Landscape painting was a major genre in the 17th century. Flemish landscapes (particularly from Antwerp) of the 16th century first served as an example. These had been not particularly realistic, having been painted mostly in the studio, partly from imagination, and often still using the semi-aerial view from above typical of earlier Netherlandish landscape painting in the "world landscape" tradition of Joachim Patinir, Herri met de Bles and the early Pieter Bruegel the Elder. A more realistic Dutch landscape style developed, seen from ground level, often based on drawings made outdoors, with lower horizons which made it possible to emphasize the often impressive cloud formations that were (and are) so typical in the climate of the region, and which cast a particular light. Favourite subjects were the dunes along the western seacoast, rivers with their broad adjoining meadows where cattle grazed, often with the silhouette of a city in the distance. Winter landscapes with frozen canals and creeks also abounded. The sea was a favourite topic as well since the Low Countries depended on it for trade, battled with it for new land, and battled on it with competing nations.

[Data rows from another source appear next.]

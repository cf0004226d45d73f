-- ===== src/BraceletReachability/Visitor.antt =====
-- src/BraceletReachability/BraceletReachability.cpp: the state of `EdgeVisitor`, the node of a value,
-- its edges and its trace sites. What the visitor changes in the module is in the state: the labels of
-- calls, the sites, and the calls of the runtime in the order in which they are made.
pub mod Next
pub mod Edges
use bracelet.Prelude.{
  ℕ, ◌+◌, ◌*◌, ◌%◌, ◌^◌, Bool, true, false, not, ◌&&◌, ◌||◌, Option, none, some, List, [], ◌∷◌,
  ◌++◌, Result, ok, err, assertion, ◌>>=◌, ◌>>◌, assert, for_each, ltb, ◌==◌, if◌then◌else◌,
}
use bracelet.Edges.Bytes.{Text}
use bracelet.Edges.Table.{find}
use bracelet.Edges.Node.{Node, empty, is_set, local_idx}
use bracelet.Edges.Kind.{Kind, Label, shape, assign, load, store}
use bracelet.BraceletReachability.Values.{
  Local, Value, constant, local_value, inline_asm, unknown_value, ValueType,
}
use bracelet.BraceletReachability.Constants.{
  Writers, fresh, fresh_local_for_value, constant_node, push,
}

pub data TraceMode : Type 0 where
  off indirect_callees full : TraceMode

-- The options of the pass and what the target's data layout says: the type of a value, the bytes of
-- a pointer, and the address of the page pointer that a call of `dlsym` gets.
pub record Setting : Type 0 where
  pub no_include_debug_data : Bool
  pub trace_mode : TraceMode
  pub type_of : Value → ValueType
  pub pointer_size : ℕ
  pub page_address : ℕ → ℕ

-- `BraceletTraceSite` of the function that is visited.
pub record TraceSite : Type 0 where
  pub site_local_idx : ℕ

-- A call that the pass inserts.
pub data Inserted : Type 0 where
  alloca_allocate : TraceSite → ℕ → Inserted
  alloca_free : ℕ → Inserted
  tag_allocation : TraceSite → ℕ → Inserted
  word_traced : TraceSite → Value → Inserted
  buffer_traced : TraceSite → Value → ℕ → Inserted
  page_insert : ℕ → ℕ → Inserted

pub record EdgeVisitor : Type 0 where
  pub writers : Writers
  pub locals : List (ℕ × Node)
  pub trace_sites : List (ℕ × TraceSite)
  pub var_args : Node
  pub call_void_number : ℕ
  pub num_allocas : ℕ
  pub allocas_to_free : List ℕ
  pub labels : List (ℕ × Text)
  pub inserted : List Inserted

abbrev pub Visited : Type 0
Visited = Result (Node × EdgeVisitor)

abbrev pub is_full : TraceMode → Bool
is_full full = true
is_full _ = false

abbrev pub is_off : TraceMode → Bool
is_off off = true
is_off _ = false

-- An operation of the writers, in a visitor.
abbrev pub in_writers : (Writers → Result (Node × Writers)) → EdgeVisitor → Visited
in_writers f v = do (n, w) ← f v.writers; ok (n, record v { writers = w })

unfoldable pub push_edge :
    (k : Kind) → Node → Node → Label (shape k) → EdgeVisitor → Result EdgeVisitor
push_edge k to from label v = do w ← push k to from label v.writers; ok (record v { writers = w })

unfoldable pub insert_call : Inserted → EdgeVisitor → EdgeVisitor
insert_call call v = record v { inserted = v.inserted ++ call ∷ [] }

-- `traceSite`
unfoldable pub trace_site : Node → EdgeVisitor → Result (TraceSite × EdgeVisitor)
trace_site n v = assert (is_set n) >> elim (find ◌==◌ n.raw v.trace_sites) [
  | some site ↦ ok (site, v)
  | none ↦ local_idx n >>= λ l. elim l [
    | none ↦ err assertion
    | some i ↦
        let site : TraceSite = record { site_local_idx = i } in
        ok (site, record v { trace_sites = v.trace_sites ++ (n.raw, site) ∷ [] })
  ]
]

module _ (s : Setting) where
  -- The node of an instruction or an argument, entered on its first use.
  unfoldable pub local_node : Local → EdgeVisitor → Visited
  local_node l v = elim (find ◌==◌ l.address v.locals) [
    | some n ↦ ok (n, v)
    | none ↦ do
      (n, w) ← fresh_local_for_value s.no_include_debug_data l v.writers
      ok (n, record v { writers = w; locals = v.locals ++ (l.address, n) ∷ [] })
  ]

  -- `EdgeVisitor::node`, which may return a null node.
  unfoldable pub node : Value → EdgeVisitor → Visited
  node (constant c) v = in_writers (constant_node c) v
  node (local_value l) v = local_node l v
  node inline_asm v = ok (empty, v)
  node unknown_value v = err assertion

  -- What is inserted to trace a value of a type: the word, a buffer, or nothing.
  unfoldable pub traced : TraceSite → Value → ValueType → Option Inserted
  traced site value ty =
      if ltb ty.store_size s.pointer_size
      then none
      else some (
          if ty.is_pointer
            || (elim ty.integer_bits [ none ↦ false | some bits ↦ bits == s.pointer_size * 8 ])
          then word_traced site value
          else buffer_traced site value ty.store_size)

  unfoldable pub trace_local : Node → Value → EdgeVisitor → Result EdgeVisitor
  unfolding trace_site traced insert_call
  trace_local n value v = do
    (site, v₁) ← trace_site n v
    ok (elim (traced site value (s.type_of value)) [ none ↦ v₁ | some call ↦ insert_call call v₁ ])

  -- `traceValue`: a value with no local is not traced.
  unfoldable pub trace_node : Value → Node → EdgeVisitor → Result EdgeVisitor
  trace_node value n v =
      local_idx n >>= (λ l. elim l [ none ↦ ok v | some i ↦ trace_local n value v ])

  unfoldable pub trace_value : Value → EdgeVisitor → Result EdgeVisitor
  trace_value value v = do
    assert (not (is_off s.trace_mode))
    (n, v₁) ← node value v
    if is_set n then trace_node value n v₁ else ok v₁

  -- `FW.addEdge(edges::Kind(node(To), from))`
  unfoldable pub push_to :
      (k : Kind) → Label (shape k) → Value → Node → EdgeVisitor → Result EdgeVisitor
  push_to k label to from_n v = do (to_n, v₁) ← node to v; push_edge k to_n from_n label v₁

  unfoldable pub trace_store : Value → Value → EdgeVisitor → Result EdgeVisitor
  trace_store to from v =
      if is_full s.trace_mode then trace_value to v >>= trace_value from else ok v

  unfoldable pub add_store_edge : Value → Value → EdgeVisitor → Result EdgeVisitor
  unfolding shape
  add_store_edge to from v = do
    (from_n, v₁) ← node from v
    (to_n, v₂) ← node to v₁
    if is_set from_n && is_set to_n
        then push_edge store to_n from_n tt v₂ >>= trace_store to from
        else ok v₂

  -- A load from a null node is only warned about.
  unfoldable pub add_load_edge : Value → Value → EdgeVisitor → Result EdgeVisitor
  unfolding shape
  add_load_edge to from v = do
    (from_n, v₁) ← node from v
    if is_set from_n then push_to load tt to from_n v₁ else ok v₁

  unfoldable pub add_assign_edge : Value → Value → EdgeVisitor → Result EdgeVisitor
  unfolding shape
  add_assign_edge to from v = do
    (from_n, v₁) ← node from v
    if is_set from_n then push_to assign tt to from_n v₁ else ok v₁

Important early figures in the move to realism were Esaias van de Velde (1587–1630) and Hendrick Avercamp (1585–1634), both also mentioned above as genre painters – in Avercamp's case the same paintings deserve mention in each category. From the late 1620s the "tonal phase" of landscape painting started, as artists softened or blurred their outlines, and concentrated on an atmospheric effect, with great prominence given to the sky, and human figures usually either absent or small and distant. Compositions based on a diagonal across the picture space became popular, and water often featured. The leading artists were Jan van Goyen (1596–1656), Salomon van Ruysdael (1602–1670), Pieter de Molyn (1595–1661), and in marine painting Simon de Vlieger (1601–1653), with a host of minor figures – a recent study lists over 75 artists who worked in van Goyen's manner for at least a period, including Cuyp.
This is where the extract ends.